Por La Época-.
En la victoria, aunque pírrica, juntos; en la derrota, sálvese quien pueda. Quizá esta es la representación gráfica de lo que sucede en Bolivia tras la aprehensión del exministro de Gobierno, Arturo Murillo, y de otras tres personas en Estados Unidos, acusados de soborno y lavado de dinero. Desde la expresidenta de facto, Jeanine Áñez, hasta sus exaliados en el golpe de Estado, como Jorge Tuto Quiroga, Carlos Mesa y Luis Fernando Camacho –quien en realidad lideró la ruptura del orden democrático con apoyo de la Organización de Estados Americanos (OEA) y la Casa Blanca en 2019–, y varios medios de comunicación hegemónicos, tratan de alejarse del efecto dominó que inevitablemente producirá la acción policial del FBI. Hay un olor putrefacto que se desprende de todos ellos.
El 7 de junio se sabrá si Murillo enfrenta el proceso penal con detención preventiva o si logra, previa negociación, defenderse en libertad. Dada la gravedad de los dos delitos por los que fue detenido, no debería haber lugar para su libertad; además, es de suponer que el FBI no haya tomado esa medida para perderla en los estrados judiciales. Pero todo puede pasar.
En el campo jurídico, lo que corresponde hacer en Bolivia no solo es ampliar las investigaciones para develar el grado de corrupción de Áñez, Murillo y López en este caso concreto, sino tomar iniciativas legales y diplomáticas para que el exministro “cazador” sea extraditado lo más pronto posible y responda por sus delitos. Lo mismo con Fernando López, el militar frustrado, que debe ser entregado por Brasil. Este escándalo internacional debe servir para que el Ministerio Público tome la punta del ovillo e identifique otros procesos de corrupción cometidos por el Gobierno de facto y procese a sus autores.
Conocida es la información de que el régimen perpetró malos manejos en Entel, la empresa del litio, YPFB y otras unidades productivas públicas, pero todavía no se ha llegado al fondo en cada una de esas denuncias. Esta es la oportunidad para demostrar que se tomaron decisiones en aras de provocar deliberadamente la quiebra de las entidades estatales y justificar su privatización.
En el campo político, es una labor de todos y todas impedir que la derecha política y mediática construya una cortina de humo. Los responsables del golpe de Estado deben responder ante la población acerca de las razones por las que delegaron a Áñez y sus cómplices la administración del Estado, a pesar del perfil de cada uno de ellos y, sobre todo, de su nula representatividad. Lo que sucedió en Estados Unidos, que todavía debe ser analizado en profundidad para identificar las motivaciones e intencionalidades verdaderas, sirve, sin embargo, para confirmar, una vez más, que las clases dominantes y sus aparatos ideológicos –Iglesia católica, medios de comunicación hegemónicos, partidos, comités cívicos y otros– prefieren conceder la conducción del país a sus fracciones más atrasadas, incluso delincuenciales, antes que permitir que la titularidad de este quede en manos de las clases subalternas.

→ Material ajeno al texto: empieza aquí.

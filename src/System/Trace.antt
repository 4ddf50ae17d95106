-- ===== src/System/Trace.antt =====
-- What a run of the wired program did, as its events tell it.
use mathlib.Core.List.{append_assoc, append-nil}
use daemon_choir.Base.{
  ℕ, ◌≡◌, refl, ap, ◌∙◌, sym, subst, Option, none, some, Option-cases, inl, inr, List, [], ◌∷◌,
  ◌++◌, get_elem?,
}
use daemon_choir.Float.{F64}
use daemon_choir.Events.{RawEvent}
use daemon_choir.Metrics.{StateSnapshot}
use daemon_choir.Sync.{Sender, Receiver, IsMpsc, IsFifo, TrySend}
use daemon_choir.Sync.Bounded.{Delivers, try_send-Delivers}
use daemon_choir.Probes.{ProbeStats}
use daemon_choir.Probes.Pump.{count_result, send_event}
use daemon_choir.Ringbuf.{after_try_send, consume}
use daemon_choir.Aggregator
use daemon_choir.Aggregator.{Aggregator, Flow, Input}
use daemon_choir.Aggregator.Alone.{
  Sink, sink_sender, alone, taken, taken-append, step-alone, run-snoc,
}
use daemon_choir.Mapping.{MappedParam}
use daemon_choir.Within.{IsWithin, IsWithin-keeps, IsWithin-drops}
use daemon_choir.System.Log.{
  Log, quiet, joined, sent_log, input_log, probe_log, handled_log, received_log,
}
use daemon_choir.System.{
  System, Outcome, waits, goes, dies, counters_of, with_counters, probe_sends_to, after_consume,
  ringbuf_round, after_step, aggregator_round,
}

module _ {F Raw Snap Par Packet Conn : Type 0} ⦃f : F64 F⦄ ⦃raw_tx : Sender RawEvent Raw⦄
    ⦃raw_rx : Receiver RawEvent Raw⦄ ⦃snap_tx : Sender (StateSnapshot F) Snap⦄
    ⦃snap_rx : Receiver (StateSnapshot F) Snap⦄ ⦃par_tx : Sender (List (MappedParam F)) Par⦄
    ⦃par_rx : Receiver (List (MappedParam F)) Par⦄ where
  -- From `start`, the aggregator alone gets to the aggregator of `s` on the inputs of the log; of
  -- the events that were delivered the first were handled and the others are still in the channel;
  -- what the aggregator received or is still to receive was handled before.
  pub record Traced (start : Aggregator F Sink Sink) (l : Log)
      (s : System F Raw Snap Par Packet Conn) : Type 0 where
    pub runs : Aggregator.run start l.inputs ≡ Flow.running (alone s.aggregator)
    pub shown : s.app.current_snapshot ≡ s.aggregator.shared_state
    pub in_order : l.delivered ≡ l.handled ++ raw_tx.queued s.raw
    pub forwarded : IsWithin (taken l.inputs ++ raw_tx.queued s.consumer.aggregator_tx) l.handled

  abbrev pub TracedAfter :
      Aggregator F Sink Sink → Log → Outcome (System F Raw Snap Par Packet Conn) → Type 0
  TracedAfter start l waits = Unit
  TracedAfter start l (goes s) = Traced start l s
  TracedAfter start l (dies task) = Unit

  module _ (start : Aggregator F Sink Sink) (l : Log) where
    -- where neither the aggregator nor the channels before it changed
    pub same-Traced :
        (s t : System F Raw Snap Par Packet Conn)
        → alone t.aggregator ≡ alone s.aggregator
        → t.app.current_snapshot ≡ s.app.current_snapshot
        → t.raw ≡ s.raw
        → t.consumer.aggregator_tx ≡ s.consumer.aggregator_tx
        → Traced start l s
        → Traced start (joined l quiet) t
    same-Traced s t agg snap raw events h =
        rw (append-nil l.inputs, append-nil l.delivered, append-nil l.handled)
          (record {
            runs = h.runs ∙ ap Flow.running (sym agg);
            shown = snap ∙ h.shown ∙ ap (λ a. a.shared_state) (sym agg);
            in_order = rw raw h.in_order;
            forwarded = rw events h.forwarded;
          })

    -- an event that was lost on its way into the probes' channel
    lost-Traced :
        (s : System F Raw Snap Par Packet Conn) (i : ℕ) (p : ProbeStats) (now_us : ℕ) (raw' : Raw)
        → raw_tx.queued raw' ≡ raw_tx.queued s.raw
        → Traced start l s
        → Traced start (joined l (input_log Input.event_lost)) (
            with_counters s i p
              (count_result TrySend.full now_us (record (counters_of s p) { tx = raw' })))
    unfolding count_result Aggregator.step
    lost-Traced s i p now_us raw' q h = record {
      runs = run-snoc start (alone s.aggregator) _ l.inputs Input.event_lost h.runs refl;
      shown = h.shown;
      in_order = rw (append-nil l.delivered, append-nil l.handled, q) h.in_order;
      forwarded =
          rw
            (
              append-nil l.handled,
              taken-append l.inputs (Input.event_lost ∷ []),
              append-nil (taken l.inputs),
            )
            h.forwarded;
    }

    -- what a probe's event leaves, on every result of `try_send`
    sent-Traced :
        (s : System F Raw Snap Par Packet Conn) (i : ℕ) (p : ProbeStats) (e : RawEvent) (now_us : ℕ)
        (t : TrySend) (raw' : Raw)
        → Delivers s.raw e t raw'
        → Traced start l s
        → Traced start
            (joined l (sent_log t e))
            (with_counters s i p (count_result t now_us (record (counters_of s p) { tx = raw' })))
    unfolding count_result
    sent-Traced s i p e now_us TrySend.sent raw' (q, _) h =
        rw (append-nil l.inputs, append-nil l.handled)
          (record {
            runs = h.runs;
            shown = h.shown;
            in_order = rw (q, h.in_order) (append_assoc l.handled (raw_tx.queued s.raw) (e ∷ []));
            forwarded = h.forwarded;
          })
    sent-Traced s i p e now_us TrySend.full raw' (q, _) h = lost-Traced s i p now_us raw' q h
    sent-Traced s i p e now_us TrySend.closed raw' (q, _) h = lost-Traced s i p now_us raw' q h

    pub probe-Traced :
        (raw_laws : IsMpsc RawEvent Raw) (s : System F Raw Snap Par Packet Conn) (i : ℕ)
        (e : RawEvent) (now_us : ℕ)
        → Traced start l s
        → TracedAfter start
            (joined l (probe_log (get_elem? s.app.probes_stats i) (raw_tx.try_send s.raw e).0 e))
            (probe_sends_to s i e now_us)
    unfolding probe_sends_to send_event
    probe-Traced raw_laws s i e now_us h = elim (Option-cases (get_elem? s.app.probes_stats i)) [
      | inl q ↦ rw (q, probe_sends_to) tt
      | inr (p, q) ↦
          rw (q, probe_sends_to)
            (sent-Traced s i p e now_us _ _ (try_send-Delivers raw_laws s.raw e) h)
    ]

    -- what the ring buffer's task leaves, on every result of `try_send`
    handed-Traced :
        (s : System F Raw Snap Par Packet Conn) (e : RawEvent) (raw' tx' : Raw) (t : TrySend)
        → raw_tx.queued s.raw ≡ e ∷ raw_tx.queued raw'
        → Delivers s.consumer.aggregator_tx e t tx'
        → Traced start l s
        → TracedAfter start (joined l (handled_log (some (e, raw')))) (
            after_consume s raw' (
              after_try_send t
                (record { aggregator_tx = tx'; insertions = s.consumer.insertions ++ (e ∷ []) })))
    unfolding after_try_send
    handed-Traced s e raw' tx' TrySend.closed first d h = tt
    handed-Traced s e raw' tx' TrySend.full first (q, _) h =
        rw (append-nil l.inputs, append-nil l.delivered)
          (record {
            runs = h.runs;
            shown = h.shown;
            in_order =
                h.in_order
                ∙ ap (λ r. l.handled ++ r) first
                ∙ sym (append_assoc l.handled (e ∷ []) _);
            forwarded = rw q (IsWithin-drops e h.forwarded);
          })
    handed-Traced s e raw' tx' TrySend.sent first (q, _) h =
        rw (append-nil l.inputs, append-nil l.delivered)
          (record {
            runs = h.runs;
            shown = h.shown;
            in_order =
                h.in_order
                ∙ ap (λ r. l.handled ++ r) first
                ∙ sym (append_assoc l.handled (e ∷ []) _);
            forwarded =
                rw
                  (
                    q,
                    ← append_assoc (taken l.inputs) (raw_tx.queued s.consumer.aggregator_tx)
                        (e ∷ []),
                  )
                  (IsWithin-keeps e h.forwarded);
          })

    pub ringbuf-Traced :
        (raw_laws : IsMpsc RawEvent Raw) (raw_fifo : IsFifo RawEvent Raw)
        (s : System F Raw Snap Par Packet Conn) (o : Option (RawEvent × Raw))
        → raw_rx.recv s.raw ≡ o
        → Traced start l s
        → TracedAfter start (joined l (handled_log o)) (ringbuf_round s o)
    unfolding ringbuf_round consume
    ringbuf-Traced raw_laws raw_fifo s none e h = tt
    ringbuf-Traced raw_laws raw_fifo s (some (event, raw')) e h =
        handed-Traced s event raw' _ _ (raw_fifo.recv_first s.raw raw' event e)
          (try_send-Delivers raw_laws s.consumer.aggregator_tx event) h

    -- a round of the aggregator that takes no event
    stepped-Traced :
        (s : System F Raw Snap Par Packet Conn) (i : Input) (o : Flow (Aggregator F Snap Snap))
        → Aggregator.step s.aggregator i ≡ o
        → taken (i ∷ []) ≡ []
        → Traced start l s
        → TracedAfter start (joined l (input_log i)) (after_step s o)
    stepped-Traced s i (Flow.running a) e silent h = record {
      runs =
          run-snoc start (alone s.aggregator) (alone a) l.inputs i h.runs
            (step-alone s.aggregator a i e);
      shown = refl;
      in_order = rw (append-nil l.delivered, append-nil l.handled) h.in_order;
      forwarded =
          rw
            (
              append-nil l.handled,
              taken-append l.inputs (i ∷ []),
              silent,
              append-nil (taken l.inputs),
            )
            h.forwarded;
    }
    stepped-Traced s i (Flow.stopped a) e silent h = tt
    stepped-Traced s i Flow.panicked e silent h = tt

    pub tick-Traced :
        (s : System F Raw Snap Par Packet Conn) (now_us : ℕ)
        → Traced start l s
        → TracedAfter start
            (joined l (input_log (Input.tick now_us)))
            (after_step s (Aggregator.step s.aggregator (Input.tick now_us)))
    tick-Traced s now_us h = stepped-Traced s (Input.tick now_us) _ refl refl h

    pub receiving-Traced :
        (raw_fifo : IsFifo RawEvent Raw) (s : System F Raw Snap Par Packet Conn)
        (o : Option (RawEvent × Raw))
        → raw_rx.recv s.consumer.aggregator_tx ≡ o
        → Traced start l s
        → TracedAfter start (joined l (received_log o)) (aggregator_round s o)
    unfolding aggregator_round Aggregator.step
    receiving-Traced raw_fifo s none e h = tt
    receiving-Traced raw_fifo s (some (event, tx')) e h = record {
      runs = run-snoc start (alone s.aggregator) _ l.inputs (Input.received event) h.runs refl;
      shown = refl;
      in_order = rw (append-nil l.delivered, append-nil l.handled) h.in_order;
      forwarded =
          rw
            (
              append-nil l.handled,
              taken-append l.inputs (Input.received event ∷ []),
              append_assoc (taken l.inputs) (event ∷ []) (raw_tx.queued tx'),
            )
            (subst (λ r. IsWithin (taken l.inputs ++ r) l.handled)
              (raw_fifo.recv_first s.consumer.aggregator_tx tx' event e) h.forwarded);
    }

Los autores directos e indirectos del golpismo no pueden lavarse las manos. Aquí hay responsables que deben responder ante la Justicia por los delitos cometidos intuitu personae. Es evidente que Áñez sabía lo que hacían sus ministros estrellas. Y los que no hayan cometido delitos, pero hayan formado parte del golpe de Estado, deben igualmente enfrentar la sanción de la sociedad.